Set against that intense support for the troops, polls consistently show the British opposed to the war in Afghanistan (though only a minority want the troops home immediately, with a larger number hoping for a swift-ish exit that denies the Taliban total victory). A 2011 poll by YouGov found the “cost in human lives” the top reason for opposing the war.
A single column cannot offer a scientific survey of this phenomenon. Nor can it offer adequate memorial to Marine Wright, by all accounts a remarkable athlete, soldier and family man, whose death stunned friends who thought him “invincible”. Instead, hopefully, some broad hints can be drawn from the response of one southern English town to a military death (the 378th in Afghanistan since 2001).
Graham Winter is mayor of Weymouth and the neighbouring isle of Portland, and he taught James Wright at primary school. Mostly, he ascribes the turnout at the marine’s funeral to the young man’s popularity and high profile in a small community. But he also notes a trend of rising attendance at veterans’ events. There were large crowds at a homecoming parade in July for Royal Tank Regiment troops back from Afghanistan. The underlying cause, he suggests, is growing awareness of the dangers faced by troops overseas, rammed home by press reporting. That awareness should not be confused with endorsement of government policies, the mayor says: if asked why troops were in Afghanistan, many “would find it hard to answer”.
On the Esplanade, Hazel Coleman, a sixth-form student with a part-time job at a souvenir shop, observed the minute’s silence for Marine Wright. But she says—not unreasonably—that the war has “gotten more complicated over the years”, so she only “vaguely” knows why troops are still in Afghanistan. To her, the public mood is “about respect, and people dying”.
The Wootton Bassett effect
During interviews in Weymouth, the example of Wootton Bassett comes up a lot. Locals needed no persuasion to organise a minute’s silence, says the school caretaker behind the tribute, Geoff Bright. But, he admits, there was a sense of: “If Wootton Bassett can do it, so can Weymouth, no getting away from it.”
Whatever the model is, it is not Falklands Britain. Trawl through archive copies of the local newspaper, the Dorset Evening Echo, covering the period of that conflict, and a barely-recognisable country swims into view. In 1982 deaths are reported briskly, and upper lips are still stiff. Opening a large Falklands homecoming fete, a naval officer declares tersely: “I wish you could have seen how our chaps behaved under not ideal circumstances.” Returning troops are greeted with a mixture of amateurish cheer, bunting and alcohol: there are endless reports of “champagne welcomes”, an improbable “sherry reception” for commandos, and—in Dorchester—1,000 free pints of beer.
Three decades on, a new tolerance for public emotion has strict limits, however. One of Marine Wright’s former teachers, now retired, caused anger by telling local reporters that, as well as pride, he also felt sorrow at a “futile waste of a young life”. A “totally inappropriate” comment, retorts a serving school colleague.

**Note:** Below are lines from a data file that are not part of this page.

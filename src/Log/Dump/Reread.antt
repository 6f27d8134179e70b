-- ===== src/Log/Dump/Reread.antt =====
-- log.cpp: what `toYamlString` of a logger says, read as the configuration of a logger.
use mathlib.Core.List.{append_assoc, append-nil}
use fxk.Base.{
  ℕ, from_option, Option, none, some, List, [], ◌∷◌, ◌++◌, Bytes, bytes_eq, Result, ok, err,
  null_pointer, ◌>>=◌, ◌≡◌, refl, ap, ◌∙◌, ◌⊎◌, inl, inr,
}
use fxk.Config.Cast.{Yaml}
use fxk.Config.Cast.RoundTrip.{IsYaml, keys, AreDistinct}
use fxk.Log.Level.{to_string, from_string-to_string}
use fxk.Log.Pattern.{LogFormatter}
use fxk.Log.Appender.{Kind, stdout_log, file_log, LogAppender, get_formatter}
use fxk.Log.Logger.{Logger, World}
use fxk.Log.Listener.{LogAppenderDefine}
use fxk.Log.Define.{
  YamlTexts, name_key, level_key, appenders_key, type_key, file_key, pattern_key, file_type,
  stdout_type, read_appender, read_appenders, appenders_of, read_define,
}
use fxk.Log.Define.Reading.{IsTexts, find_pair, differ}
use fxk.Log.Dump.{kind_yaml, appender_yaml, appender_nodes, appenders_pair, logger_yaml}

-- The definition of an appender, `none` for one on the console without a formatter of its own.
abbrev console_define : Option LogFormatter → Option LogAppenderDefine
console_define none = none
console_define (some f) = some (record { type = 2; pattern = f.pattern; file = [] })

abbrev kind_define : Kind → LogAppender → Option LogAppenderDefine
kind_define stdout_log a = console_define a.formatter
kind_define (file_log f) a =
    some (record { type = 1; pattern = (get_formatter a).pattern; file = f.filename })

abbrev pub define_of : LogAppender → Option LogAppenderDefine
define_of a = kind_define a.kind a

abbrev pub cons_both :
    Option LogAppenderDefine → Option (List LogAppenderDefine) → Option (List LogAppenderDefine)
cons_both none l = none
cons_both (some a) none = none
cons_both (some a) (some l) = some (a ∷ l)

-- The definitions of all appenders of a list, if each has one.
abbrev pub defines_of : World → List ℕ → Option (List LogAppenderDefine)
defines_of w [] = some []
defines_of w (p ∷ ps) = cons_both (define_of (w.appender_at p)) (defines_of w ps)

module _ (yaml : Yaml) (texts : YamlTexts yaml) (reads : IsTexts yaml texts)
    (laws : IsYaml yaml) where
  open yaml use {Node, load, emit, sequence, mapping}
  open texts use {get, as_string, scalar}

  -- A text is one of which the appender's definition is read.
  abbrev TellsAppender : Option LogAppenderDefine → Result Bytes → Type 0
  TellsAppender none r = r ≡ err null_pointer
  TellsAppender (some d) r =
      (n : Node) × (r ≡ ok (emit n)) × (read_appender yaml texts n ≡ ok (some d))

  read_console :
      (p : Bytes)
      → read_appender yaml texts
          (mapping ((type_key, scalar stdout_type) ∷ (pattern_key, scalar p) ∷ []))
        ≡ ok (some (record { type = 2; pattern = p; file = [] }))
  unfolding read_appender bytes_eq
  read_console p =
      let pairs = (type_key, scalar stdout_type) ∷ (pattern_key, scalar p) ∷ [] in
      let found = λ (k : Bytes).
        reads.get-mapping pairs k ((differ type_key pattern_key refl, tt), (tt, tt)) in
      rw (found type_key) (
        rw (reads.as_string-scalar stdout_type)
          (rw (found pattern_key) (rw (reads.as_string-scalar p) refl)))

  read_file :
      (f p : Bytes)
      → read_appender yaml texts (
          mapping
            ((type_key, scalar file_type) ∷ (file_key, scalar f) ∷ (pattern_key, scalar p) ∷ []))
        ≡ ok (some (record { type = 1; pattern = p; file = f }))
  unfolding read_appender bytes_eq
  read_file f p =
      let pairs =
        (type_key, scalar file_type) ∷ (file_key, scalar f) ∷ (pattern_key, scalar p) ∷ [] in
      let found = λ (k : Bytes). reads.get-mapping pairs k (
        (differ type_key file_key refl, (differ type_key pattern_key refl, tt)),
        ((differ file_key pattern_key refl, tt), (tt, tt)),
      ) in
      rw (found type_key) (
        rw (reads.as_string-scalar file_type) (
          rw (found file_key) (
            rw (reads.as_string-scalar f)
              (rw (found pattern_key) (rw (reads.as_string-scalar p) refl)))))

  console-Tells :
      (own : Option LogFormatter)
      → TellsAppender (console_define own) (
          from_option own null_pointer >>= λ f.
          ok (
            emit (mapping ((type_key, scalar stdout_type) ∷ (pattern_key, scalar f.pattern) ∷ []))))
  console-Tells none = refl
  console-Tells (some f) = (_, refl, read_console f.pattern)

  kind_yaml-Tells :
      (k : Kind) (a : LogAppender) → TellsAppender (kind_define k a) (kind_yaml yaml texts k a)
  kind_yaml-Tells stdout_log a = console-Tells a.formatter
  kind_yaml-Tells (file_log f) a = (_, refl, read_file f.filename (get_formatter a).pattern)

  -- Nodes are such that all the definitions are read of them.
  abbrev TellsAppenders : Option (List LogAppenderDefine) → Result (List Node) → Type 0
  TellsAppenders none r = r ≡ err null_pointer
  TellsAppenders (some l) r =
      (nodes : List Node) × (r ≡ ok nodes)
      × ((v : List LogAppenderDefine) → read_appenders yaml texts nodes v ≡ ok (v ++ l))

  add_appender-Tells :
      (d : Option LogAppenderDefine) (l : Option (List LogAppenderDefine)) (r : Result Bytes)
      (rs : Result (List Node))
      → TellsAppender d r
      → TellsAppenders l rs
      → TellsAppenders (cons_both d l) (r >>= λ s. load s >>= λ n. rs >>= λ nodes. ok (n ∷ nodes))
  unfolding read_appenders
  add_appender-Tells none l r rs h hs = rw h refl
  add_appender-Tells (some d) none r rs (n, e, reads_d) hs =
      rw e (rw (laws.load-emit n) (rw hs refl))
  add_appender-Tells (some d) (some l) r rs (n, e, reads_d) (nodes, es, reads_l) = (
    n ∷ nodes,
    rw e (rw (laws.load-emit n) (rw es refl)),
    λ v. rw reads_d (reads_l (v ++ d ∷ []) ∙ ap ok (append_assoc v (d ∷ []) l)),
  )

  appender_nodes-Tells :
      (w : World) (ps : List ℕ) → TellsAppenders (defines_of w ps) (appender_nodes yaml texts w ps)
  unfolding appender_nodes appender_yaml read_appenders
  appender_nodes-Tells w [] = ([], refl, λ v. rw append-nil refl)
  appender_nodes-Tells w (p ∷ ps) =
      add_appender-Tells (define_of (w.appender_at p)) (defines_of w ps) _ _
        (kind_yaml-Tells (w.appender_at p).kind (w.appender_at p)) (appender_nodes-Tells w ps)

  abbrev logger_pairs : Logger → List Node → List (Bytes × Node)
  logger_pairs l nodes =
      (name_key, scalar l.name)
      ∷ (level_key, scalar (to_string l.level))
      ∷ appenders_pair yaml texts nodes

  logger_keys-AreDistinct :
      (l : Logger) (nodes : List Node) → AreDistinct (keys (logger_pairs l nodes))
  unfolding bytes_eq
  logger_keys-AreDistinct l [] = ((differ name_key level_key refl, tt), (tt, tt))
  logger_keys-AreDistinct l (n ∷ nodes) = (
    (differ name_key level_key refl, (differ name_key appenders_key refl, tt)),
    ((differ level_key appenders_key refl, tt), (tt, tt)),
  )

  appenders_found :
      (nodes : List Node)
      → appenders_of yaml texts (find_pair appenders_key (appenders_pair yaml texts nodes))
        ≡ read_appenders yaml texts nodes []
  unfolding bytes_eq read_appenders
  appenders_found [] = refl
  appenders_found (n ∷ nodes) = rw laws.elements-sequence refl

  logger_node_read :
      (l : Logger) (nodes : List Node) (as' : List LogAppenderDefine)
      → read_appenders yaml texts nodes [] ≡ ok as'
      → read_define yaml texts (emit (mapping (logger_pairs l nodes)))
        ≡ ok (record { name = l.name; level = l.level; appenders = as' })
  unfolding read_define bytes_eq
  logger_node_read l nodes as' h =
      let found = λ (k : Bytes).
        reads.get-mapping (logger_pairs l nodes) k (logger_keys-AreDistinct l nodes) in
      rw (laws.load-emit (mapping (logger_pairs l nodes))) (
        rw (found name_key) (
          rw (reads.as_string-scalar l.name) (
            rw (found level_key) (
              rw (reads.as_string-scalar (to_string l.level)) (
                rw (found appenders_key)
                  (rw (appenders_found nodes) (rw h (rw (from_string-to_string l.level) refl))))))))

  logger_yaml_cases :
      (w : World) (l : Logger) (o : Option (List LogAppenderDefine))
      → TellsAppenders o (appender_nodes yaml texts w l.appenders)
      → ((o ≡ none) × (logger_yaml yaml texts w l ≡ err null_pointer))
        ⊎ ((as' : List LogAppenderDefine) × (n : Node) × (o ≡ some as')
            × (logger_yaml yaml texts w l ≡ ok (emit n))
            × (read_define yaml texts (emit n)
                ≡ ok (record { name = l.name; level = l.level; appenders = as' })))
  unfolding logger_yaml
  logger_yaml_cases w l none h = inl (refl, rw h refl)
  logger_yaml_cases w l (some as') (nodes, e, r) =
      inr (as', _, refl, rw e refl, logger_node_read l nodes as' (r []))

  -- `Logger::toYamlString` gives the text of a node, of which the cast of the configuration reads the logger's
  -- name, its level and the definitions of its appenders in their order, if each appender on the
  -- console has a formatter of its own. Otherwise it follows a null pointer.
  pub logger_yaml-read_define :
      (w : World) (l : Logger)
      → ((defines_of w l.appenders ≡ none) × (logger_yaml yaml texts w l ≡ err null_pointer))
        ⊎ ((as' : List LogAppenderDefine) × (n : Node) × (defines_of w l.appenders ≡ some as')
            × (logger_yaml yaml texts w l ≡ ok (emit n))
            × (read_define yaml texts (emit n)
                ≡ ok (record { name = l.name; level = l.level; appenders = as' })))
  logger_yaml-read_define w l =
      logger_yaml_cases w l (defines_of w l.appenders) (appender_nodes-Tells w l.appenders)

Yet if the current public mood is patriotic, it is not deferential. Phil Thomas, headmaster of Marine Wright’s old school, senses local communities sending a message to the government: “We are recognising these individuals, they are dying on your behalf, make sure you have your policies right.”
Such talk alarms British military commanders. They yearn for public support for the troops, not sympathy, and fret about a debilitating focus on individual losses. A visit to Weymouth suggests they are too late. Overt grief is part of life now, stoked by a public and media hungry for human interest. Will it make future wars harder to fight? Probably. But there is no going back.